### Activity
Only one stretch of the data below is wanted: the lines starting at the one with "-- Text: the" and ending at the one with "unfoldable pub split : ℕ → Text → List Text", both included, given again exactly.

### Dataset extract

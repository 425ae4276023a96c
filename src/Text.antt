-- ===== src/Text.antt =====
-- Text: the code points of a Rust `str` or `String`, and the methods of `str` that the code calls
-- (`==`, `join`, `split`, `trim`, `starts_with`, `replace`, `eq_ignore_ascii_case`).
pub mod Equality
pub mod Join
pub mod Replace
pub mod Decimal
use Prim.Native.Char.{code}
use Prim.Native.String.{String}
use pg_analytics.Prelude.{
  ℕ, zero, suc, ◌+◌, Bool, true, false, ◌&&◌, ◌||◌, List, [], ◌∷◌, ◌++◌, leb, ◌==◌, if◌then◌else◌,
  map,
}

abbrev pub Text : Type 0
Text = List ℕ

-- A string literal of the source.
unfoldable pub str : String → Text
str String.[] = []
str (String.◌∷◌ c s) = code c ∷ str s

-- `==` on texts
unfoldable pub same : Text → Text → Bool
same [] [] = true
same [] (d ∷ t) = false
same (c ∷ s) [] = false
same (c ∷ s) (d ∷ t) = (c == d) && same s t

-- `format!`: the literal pieces and the arguments, in order.
unfoldable pub concat : List Text → Text
concat [] = []
concat (x ∷ []) = x
concat (x ∷ y ∷ rest) = x ++ concat (y ∷ rest)

-- `[String]::join`
unfoldable pub join : Text → List Text → Text
join sep [] = []
join sep (x ∷ []) = x
join sep (x ∷ y ∷ rest) = x ++ (sep ++ join sep (y ∷ rest))

abbrev cons_head : ℕ → List Text → List Text
cons_head c [] = (c ∷ []) ∷ []
cons_head c (p ∷ ps) = (c ∷ p) ∷ ps

-- `str::split` by one character: the parts between the separators, one more than there are
-- separators.
unfoldable pub split : ℕ → Text → List Text
split sep [] = [] ∷ []
split sep (c ∷ s) = let parts = split sep s in if c == sep then [] ∷ parts else cons_head c parts

-- `char::is_whitespace`
unfoldable pub is_whitespace : ℕ → Bool
is_whitespace c =
    (leb 9 c && leb c 13)
    || (c == 32)
    || (c == 0x85)
    || (c == 0xa0)
    || (c == 0x1680)
    || (leb 0x2000 c && leb c 0x200a)
    || (c == 0x2028)
    || (c == 0x2029)
    || (c == 0x202f)
    || (c == 0x205f)
    || (c == 0x3000)

unfoldable pub trim_start : Text → Text
trim_start [] = []
trim_start (c ∷ s) = let rest = trim_start s in if is_whitespace c then rest else c ∷ s

abbrev is_nil : Text → Bool
is_nil [] = true
is_nil (c ∷ s) = false

unfoldable pub trim_end : Text → Text
trim_end [] = []
trim_end (c ∷ s) = let rest = trim_end s in if is_whitespace c && is_nil rest then [] else c ∷ rest

-- `str::trim`
unfoldable pub trim : Text → Text
unfolding trim_start trim_end
trim s = trim_end (trim_start s)

unfoldable pub starts_with : Text → Text → Bool
starts_with [] s = true
starts_with (p ∷ ps) [] = false
starts_with (p ∷ ps) (c ∷ s) = (p == c) && starts_with ps s

abbrev count : Text → ℕ
count [] = 0
count (c ∷ s) = suc (count s)

-- The characters of a match behind its first one.
abbrev rest_of_match : Text → ℕ
rest_of_match [] = 0
rest_of_match (p ∷ ps) = count ps

-- `skip` characters of a match are still to be passed over.
unfoldable pub replace_from : Text → Text → ℕ → Text → Text
replace_from pat by skip [] = []
replace_from pat by (suc skip) (c ∷ s) = replace_from pat by skip s
replace_from pat by zero (c ∷ s) =
    let matched = by ++ replace_from pat by (rest_of_match pat) s in
    let other = c ∷ replace_from pat by zero s in if starts_with pat (c ∷ s) then matched else other

-- `str::replace` for a pattern that is not empty: the matches from the left that do not overlap.
unfoldable pub replace : Text → Text → Text → Text
unfolding replace_from starts_with
replace pat by s = replace_from pat by zero s

-- `to_ascii_lowercase` of one character
unfoldable pub lower : ℕ → ℕ
lower c = if leb b'A' c && leb c b'Z' then c + 32 else c

unfoldable pub eq_ignore_ascii_case : Text → Text → Bool
unfolding same lower
eq_ignore_ascii_case s t = same (map lower s) (map lower t)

### Your response
-- Text: the code points of a Rust `str` or `String`, and the methods of `str` that the code calls
-- (`==`, `join`, `split`, `trim`, `starts_with`, `replace`, `eq_ignore_ascii_case`).
pub mod Equality
pub mod Join
pub mod Replace
pub mod Decimal
use Prim.Native.Char.{code}
use Prim.Native.String.{String}
use pg_analytics.Prelude.{
  ℕ, zero, suc, ◌+◌, Bool, true, false, ◌&&◌, ◌||◌, List, [], ◌∷◌, ◌++◌, leb, ◌==◌, if◌then◌else◌,
  map,
}

abbrev pub Text : Type 0
Text = List ℕ

-- A string literal of the source.
unfoldable pub str : String → Text
str String.[] = []
str (String.◌∷◌ c s) = code c ∷ str s

-- `==` on texts
unfoldable pub same : Text → Text → Bool
same [] [] = true
same [] (d ∷ t) = false
same (c ∷ s) [] = false
same (c ∷ s) (d ∷ t) = (c == d) && same s t

-- `format!`: the literal pieces and the arguments, in order.
unfoldable pub concat : List Text → Text
concat [] = []
concat (x ∷ []) = x
concat (x ∷ y ∷ rest) = x ++ concat (y ∷ rest)

-- `[String]::join`
unfoldable pub join : Text → List Text → Text
join sep [] = []
join sep (x ∷ []) = x
join sep (x ∷ y ∷ rest) = x ++ (sep ++ join sep (y ∷ rest))

abbrev cons_head : ℕ → List Text → List Text
cons_head c [] = (c ∷ []) ∷ []
cons_head c (p ∷ ps) = (c ∷ p) ∷ ps

-- `str::split` by one character: the parts between the separators, one more than there are
-- separators.
unfoldable pub split : ℕ → Text → List Text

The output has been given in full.